# full moon and pelagics



## SUNDAY-FUNDAY (Apr 17, 2008)

plan on heading out for the Re- maiden voyage after months of work on the ride on april 10th. that is if the mother nature will cooperate. im sure with these monsoons we've been having it'll be a long run: but im dying to get back offshore. anyhoo i see we'll have a full moon; and the past trips we've done on full moons have been pretty slow. any advice on how the moon affects pelagics??? i know it stands to reason that they can feed better at night, obviously because its eaier to see. we have also backed way out away from the rig. and tried open water. any info??


----------



## Captain Woody Woods (Oct 2, 2007)

in my experiences it seems like the nighttime tuna bite around rigs is slow during a full moon. some would say that the fish are not as dependent on the rig lights for food and move farther away from the rig at night. mid morning to lunchtime bite seems to turn on though.


----------



## bellafishing (Oct 1, 2007)

Alot of people swear that the pelagic bite fires off during a full moon, but the dolphin, tuna,and wahoo bite slows. I have found that if we fish during the full moon, we don't catch squat. Every time has been a skunk for pelagics. Maybe your luck will be different from ours!

Bob


----------



## bigone (Jan 2, 2008)

offshore + full moon =:boo


----------



## andyyar (Nov 4, 2007)

We tuna fished during the daytime on the last full moon, and the bite was great. We fished two weeks laterat the same place with a smaller moon and the bite was exactly the same. Everyone seems to have a different opinion about whatthe moondoes to the bite, be it night or day. I fished with a captain in Venice a few weeks ago who swears that the full moon triggers to wahoo bite over there, and I've heard others say that the full moon shuts down the wahoo bite down, so who knows. I'll defer to people with more knowledge, and better fishing logs, butI cant remember the last time I got hungry and stopped to check what the moon was doing beforeI went in search of a meal, and on some level I would like to believe that pelagics are even more primitive eaters than I am. Moon be damned; trying to find fish and put a bait in front of them is better than working.
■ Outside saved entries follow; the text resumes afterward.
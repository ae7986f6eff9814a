-- ===== src/Outbox.antt =====
-- The outbound queue of the MQTT client (src/mqtt/mqtt_client.cpp): eight slots for publishes
-- that could not be written at once, with critical ones kept in flash across a reboot.
-- `outboundQueue[0 .. outboundQueueCount)` is a list, oldest first.
pub mod Message
pub mod Flash
pub mod Queue
pub mod Backoff
pub mod Reconnect
pub mod Priority
pub mod Stored
pub mod Service
pub mod Sync
pub mod Examples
I do look forward to hearing what others have to say about moon cycles and the NGOM. Everyone in the Carribean seems to be a moonatic, and I for one would be interested to know if and why moon cycles may have a greater impact on their fishery than ours.


----------



## SUNDAY-FUNDAY (Apr 17, 2008)

ive also heard from numerous venice captains that the wahoo bite is best around a full moon..... it just seems everytime we go and you can run at night from the tower and see 2 miles, we dont catch $hit...... but we are normally fishing the rigs at night for tuna..... we might try and get a lil more sleep and fish more during the daylight hours. anyway, it will be great to just get outta cell phone range for awhile.


----------



## Capt. Delynn (Oct 4, 2007)

I call it the full moon effect. If you catch them, itsbecause of the full moon. If you don't catch them, its because of the full moon. I know some top notch captains, half love the full moon, half hate it. I've had some of my best and worst catches on the full moon. I think if you get a chance to go fishing, then go. But, I do love the full moon for sword fishing. Some do some don't!! Just my 2 cents.


----------



## Joey_d133 (Feb 16, 2009)

What are you referring to as pelagics? Cuz im perrrty positive tuna, dolphin, and wahoo are pelagic fish along with mr. stickman.


----------



## Captain Woody Woods (Oct 2, 2007)

> *Joey_d133 (3/31/2009)*What are you referring to as pelagics? Cuz im perrrty positive tuna, dolphin, and wahoo are pelagic fish along with mr. stickman.



tuna, dolphin, mackerels, billfish, wahoo, sharks, etc. etc. etc. pelagic literally means open water. usually highly migratory fish.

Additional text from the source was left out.